Olavo de Carvalho
Jornal do Brasil, 10 de novembro de 2005
Qualquer tomada de posição nos debates do dia a dia depende de três fatores. Antes de tudo, cada indivíduo opinante traz consigo uma hierarquia abstrata de valores genéricos que orienta suas escolhas. Em segundo lugar, ele possui alguma representação esquemática das forças em disputa, de modo a poder identificar quais delas personificam os seus valores e quais os valores opostos. Mas – terceiro fator — essa representação depende do fluxo de informações que ele recebe da cultura em torno. Um fluxo viciado pode levar as pessoas a apostar em forças que destroem os seus valores em vez de realizá-los. Repetidas desilusões não bastam para reorientar as escolhas se o erro básico não é conscientizado e sua correção sistemática não se integra por sua vez na corrente de informações.
Na política, as escolhas dependem, em última instância, da representação geral dos poderes em conflito no mundo. Há décadas o público brasileiro se deixa guiar por uma representação falsa. Isso vem acontecendo desde que a orientação da cultura deixou de refletir o pluralismo espontâneo das idéias e passou a ser moldada hegemonicamente por uma corrente de opinião organizada, investida dos meios de marginalizar as demais e impor a sua própria visão como se fosse a única. Não o fez de maneira unilinear e dogmática, mas de tal modo que as suas próprias contradições internas, de ordem puramente adjetiva, parecessem esgotar o rol das discussões possíveis, tornando difícil apreender e verbalizar qualquer outra alternativa. A disputa presidencial de 2002, protagonizada por quatro candidatos ideologicamente uniformes, foi a cristalização eleitoral de um longo processo de recorte e moldagem do imaginário coletivo, em resultado do qual os cidadãos permaneciam livres para cultuar os valores subjetivos que quisessem, desde que na prática os personificassem nas forças escolhidas para esse fim pela representação imperante.
Durante um tempo, isso produziu um sentimento geral de unanimismo eufórico, infundindo em todos a ilusão de ter encontrado a fórmula da harmonia entre os valores amados e as forças capazes de realizá-los.

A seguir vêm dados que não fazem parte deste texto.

-- ===== src/Lsync/Steps.antt =====
-- The states of the L1Sync state machine and l1e_run_state_machine
-- (proto-ext-l1sync/l1e-state-machine.c), not for the WRPC architecture.
use ppsi.Ds.{State, is_ex_active, same_state, to_l1e_rx_sync, to_l1e_tx_sync}
use ppsi.Fsm.Link.{pdstate_disable_extension, pdstate_enable_extension}
use ppsi.Lsync.Events.{
  l1e_send_sync_msg, le1_evt_config_ok, le1_evt_l1_sync_reset, le1_evt_state_ok,
}
use ppsi.Lsync.Port.{
  SyncCall, SyncEnv, SyncPort, SyncState, SyncWorld, l1e_get_rx_tmo_ms, set_sync, set_sync_globals,
  sync_call, sync_value,
}
use ppsi.Prelude.{
  Bool, Option, false, if◌then◌else◌, is_zero, leb, none, not, pos, some, true, ℕ, ℤ, ◌&&◌, ◌==◌,
  ◌||◌,
}
use ppsi.Timeout.Defs.{pp_next_delay_2, pp_timeout, pp_timeout_set}

unfoldable pub next_delay : SyncWorld → ℕ → ℤ
next_delay w ppi = pp_next_delay_2 w.sync_globals ppi to_l1e_tx_sync to_l1e_rx_sync

abbrev pub set_sync_next : SyncWorld → ℕ → SyncState → SyncWorld
set_sync_next w ppi s = set_sync w ppi (record (w.sync_ports ppi) { l1sync_next_state = s })

-- `basic->next_state = s; return 0;`
abbrev pub go_to : SyncState → SyncWorld → ℕ → SyncWorld × ℤ
go_to s w ppi = (set_sync_next w ppi s, pos 0)

-- The iterative treatment: the message is sent when its time has come.
unfoldable pub iterate : SyncEnv → SyncWorld → ℕ → SyncWorld × ℤ
iterate env w ppi = let w1 = l1e_send_sync_msg env w ppi false in (w1, next_delay w1 ppi)

unfoldable pub forget_peer : SyncPort → SyncPort
forget_peer q = record q {
  peer_tx_coherent_is_required = false;
  peer_rx_coherent_is_required = false;
  peer_congruent_is_required = false;
  peer_is_tx_coherent = false;
  peer_is_rx_coherent = false;
  peer_is_congruent = false;
}

unfoldable pub forget_all : SyncPort → SyncPort
forget_all q = record (forget_peer q) {
  is_tx_coherent = false;
  is_rx_coherent = false;
  is_congruent = false;
}

unfoldable pub is_usable : SyncWorld → ℕ → Bool
is_usable w ppi = (w.sync_ports ppi).l1sync_enabled && not (le1_evt_l1_sync_reset w ppi)

unfoldable pub l1e_handle_state_disabled : SyncEnv → SyncWorld → ℕ → Bool → SyncWorld × ℤ
l1e_handle_state_disabled env w ppi new_state =
    let w1 = if new_state then set_sync w ppi (forget_all (w.sync_ports ppi)) else w in
    if is_usable w1 ppi then go_to SyncState.sync_idle w1 ppi else (w1, next_delay w1 ppi)

-- pdstate_disable_extension and pdstate_enable_extension
abbrev pub without_extension : SyncEnv → SyncWorld → ℕ → SyncWorld
without_extension env w ppi =
    set_sync_globals w (pdstate_disable_extension env.sync_hooks w.sync_globals ppi)

abbrev pub with_extension : SyncEnv → SyncWorld → ℕ → SyncWorld
with_extension env w ppi =
    set_sync_globals w (pdstate_enable_extension env.sync_hooks w.sync_globals ppi)

unfoldable pub l1e_handle_state_idle : SyncEnv → SyncWorld → ℕ → Bool → SyncWorld × ℤ
l1e_handle_state_idle env w ppi new_state =
    let w1 =
      if new_state
      then l1e_send_sync_msg env (set_sync w ppi (forget_peer (w.sync_ports ppi))) ppi true
      else w in
    if not (is_usable w1 ppi)
    then (without_extension env (set_sync_next w1 ppi SyncState.sync_disabled) ppi, pos 0)
    else if (w1.sync_ports ppi).l1sync_link_alive
    then go_to SyncState.sync_link_alive w1 ppi
    else iterate env w1 ppi

unfoldable pub is_slave_side : SyncWorld → ℕ → Bool
is_slave_side w ppi =
    let s = (w.sync_globals.inst ppi).state in
    same_state s State.slave || same_state s State.uncalibrated

unfoldable pub start_rx_timer : SyncWorld → ℕ → SyncWorld
start_rx_timer w ppi =
    set_sync_globals w
      (pp_timeout_set w.sync_globals ppi to_l1e_rx_sync (l1e_get_rx_tmo_ms (w.sync_ports ppi)))

unfoldable pub l1e_handle_state_link_alive : SyncEnv → SyncWorld → ℕ → Bool → SyncWorld × ℤ
l1e_handle_state_link_alive env w ppi new_state =
    let w1 = if new_state then start_rx_timer w ppi else w in
    let q = w1.sync_ports ppi in
    if not q.l1sync_link_alive
    then go_to SyncState.sync_idle w1 ppi
    else if le1_evt_config_ok q
        && (is_slave_side w1 ppi || same_state (w1.sync_globals.inst ppi).state State.master)
    then go_to SyncState.sync_config_match w1 ppi
    else iterate env w1 ppi

-- A slave that needs congruence locks its PLL.
unfoldable pub start_locking : SyncWorld → ℕ → SyncWorld
start_locking w ppi =
    let q = w.sync_ports ppi in
    if is_slave_side w ppi && q.congruent_is_required
    then sync_call
        (sync_call (set_sync w ppi (record q { is_rx_coherent = false })) ppi SyncCall.pll_enable)
        ppi SyncCall.l1e_servo_init
    else w

unfoldable pub l1e_handle_state_config_match : SyncEnv → SyncWorld → ℕ → Bool → SyncWorld × ℤ
l1e_handle_state_config_match env w ppi new_state =
    let w1 = if new_state then start_locking w ppi else w in
    let q = w1.sync_ports ppi in
    let (w2, state_ok) = le1_evt_state_ok env w1 ppi in
    if not q.l1sync_link_alive
    then go_to SyncState.sync_idle w1 ppi
    else if not (le1_evt_config_ok q)
    then go_to SyncState.sync_link_alive w1 ppi
    else if state_ok
    then go_to SyncState.sync_up w2 ppi
    else iterate env w2 ppi

-- On entering, the phase tracker runs and the servo may synchronize.
unfoldable pub start_up : SyncWorld → ℕ → SyncWorld
start_up w ppi =
    set_sync (sync_call w ppi SyncCall.ptracker_enable) ppi
      (record (w.sync_ports ppi) { l1e_ready_for_sync = true })

-- The next state, if the port is to leave UP: a later reason replaces an earlier one.
unfoldable pub leave_up_for : Bool → Bool → Bool → Option SyncState
leave_up_for link_ok config_ok state_ok =
    if not state_ok
    then some SyncState.sync_config_match
    else if not config_ok
    then some SyncState.sync_link_alive
    else if not link_ok
    then some SyncState.sync_idle
    else none

unfoldable pub up_or_leave : SyncEnv → SyncWorld → ℕ → Bool → Option SyncState → SyncWorld × ℤ
up_or_leave env w ppi new_state (some s) =
    let w1 = set_sync_next w ppi s in
    (
      if is_slave_side w1 ppi
          then sync_call (sync_call w1 ppi SyncCall.pll_disable) ppi SyncCall.l1e_servo_reset
          else w1,
      pos 0,
    )
up_or_leave env w ppi new_state none =
    iterate env (if new_state then with_extension env w ppi else w) ppi

unfoldable pub l1e_handle_state_up : SyncEnv → SyncWorld → ℕ → Bool → SyncWorld × ℤ
l1e_handle_state_up env w ppi new_state =
    let w1 = if new_state then start_up w ppi else w in
    let q = w1.sync_ports ppi in
    let w2 = if q.l1sync_link_alive then w1 else without_extension env w1 ppi in
    let (w3, state_ok) = le1_evt_state_ok env w2 ppi in
    up_or_leave env w3 ppi new_state
      (leave_up_for q.l1sync_link_alive (le1_evt_config_ok q) state_ok)

unfoldable pub l1e_empty_action : SyncWorld → ℕ → SyncWorld × ℤ
l1e_empty_action w ppi = (w, next_delay w ppi)

-- le1_state_actions; a value past its end does not come here
unfoldable pub le1_state_action : SyncEnv → SyncState → SyncWorld → ℕ → Bool → SyncWorld × ℤ
le1_state_action env SyncState.sync_missing w ppi n = l1e_empty_action w ppi
le1_state_action env SyncState.sync_disabled w ppi n = l1e_handle_state_disabled env w ppi n
le1_state_action env SyncState.sync_idle w ppi n = l1e_handle_state_idle env w ppi n
le1_state_action env SyncState.sync_link_alive w ppi n = l1e_handle_state_link_alive env w ppi n
le1_state_action env SyncState.sync_config_match w ppi n = l1e_handle_state_config_match env w ppi n
le1_state_action env SyncState.sync_up w ppi n = l1e_handle_state_up env w ppi n
le1_state_action env SyncState.beyond w ppi n = l1e_empty_action w ppi

-- The link is dead when the receive timer has run out.
unfoldable pub check_rx_timer : SyncWorld → ℕ → SyncWorld
check_rx_timer w ppi =
    let q = w.sync_ports ppi in
    if pp_timeout w.sync_globals ppi to_l1e_rx_sync
    then set_sync (start_rx_timer w ppi) ppi
        (record q { l1sync_link_alive = false; execute_state_machine = true })
    else w

-- The dynamic data that does not depend on the state, and the entering of the next state.
unfoldable pub prepare : SyncWorld → ℕ → Bool → SyncWorld
prepare w ppi new_state =
    let q = record (w.sync_ports ppi) { is_tx_coherent = (w.sync_globals.inst ppi).link_up } in
    let w1 = check_rx_timer (set_sync w ppi q) ppi in
    let q1 = w1.sync_ports ppi in
    set_sync w1 ppi (record q1 {
      l1sync_state = q1.l1sync_next_state;
      execute_state_machine =
          (q1.execute_state_machine || pp_timeout w1.sync_globals ppi to_l1e_tx_sync) || new_state;
    })

-- The state machine runs when it is told to, and is told to go on when the delay is 0.
unfoldable pub run_prepared : SyncEnv → SyncWorld → ℕ → Bool → SyncWorld × ℤ
run_prepared env w ppi new_state =
    let q = w.sync_ports ppi in
    let (w1, delay) : SyncWorld × ℤ =
      if q.execute_state_machine
      then le1_state_action env q.l1sync_state w ppi new_state
      else (w, next_delay w ppi) in
    (set_sync w1 ppi (record (w1.sync_ports ppi) { execute_state_machine = is_zero delay }), delay)

unfoldable pub is_off : SyncWorld → ℕ → Bool
is_off w ppi =
    let p = w.sync_globals.inst ppi in
    not (sync_value (w.sync_ports ppi).l1sync_next_state == 1)
    && (not (is_ex_active p.ext_state) || same_state p.state State.initializing)

abbrev pub is_new : SyncWorld → ℕ → Bool
is_new w ppi =
    let q = w.sync_ports ppi in not (sync_value q.l1sync_next_state == sync_value q.l1sync_state)

unfoldable pub l1e_run_state_machine : SyncEnv → SyncWorld → ℕ → SyncWorld × ℤ
l1e_run_state_machine env w ppi =
    if is_off w ppi
    then (w, pos 1000)
    else if leb 6 (sync_value (w.sync_ports ppi).l1sync_next_state)
    then (w, next_delay w ppi)
    else run_prepared env (prepare w ppi (is_new w ppi)) ppi (is_new w ppi)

Contradições insolúveis não demoraram a aparecer, rompendo o círculo da falsa harmonia. Se a concorrência política normal já custa muito dinheiro, a hegemonia custa muito mais. Para conquistá-la, impondo-se artificialmente como personificação monopolística dos valores mais altos, a organização dominante teve de recorrer aos meios mais baixos. Nem poderia ser de outro modo. Na ética comunista, isso não tem nada de mais. Mas como explicar isso a eleitores que foram levados a enxergar num partido comunista a encarnação da moral no sentido mais usual e burguês do termo?
Pode-se tentar remendar o véu da ilusão, mas uma contradição ainda mais inconciliável, em escala planetária, ameaça rasgar em breve o que reste dele. Em vista dos resultados políticos desejados localmente, a população nacional foi ensinada a conceber o mundo como um cenário dividido, tal como no filme “Guerra nas Estrelas”, entre um Império global — identificado com os EUA — e as forças esparsas das nações sequiosas de liberdade. A disputa pelo poder sobre a internet desfará, num instante, essa representação grotescamente invertida. A República do Irã, a China, a Arábia Saudita e a ONU, que ao lado do Brasil e da burocracia européia lutam contra a “dominação americana” sobre a rede, jurando com isso defender o pluralismo e a democracia, são notórias censoras da internet , ao passo que o controle nas mãos dos americanos tem assegurado justamente a total ausência de censura. Aqueles que odeiam os EUA mas amam o direito de navegar livremente pela rede não demorarão a perceber, diretamente nas telas de seus computadores domésticos, que seu objeto de ódio é a única esperança de salvar seu objeto de amor. A representação vigente, como um vírus pego em flagrante, correrá então o risco de ser repentinamente deletada de todos os HDs.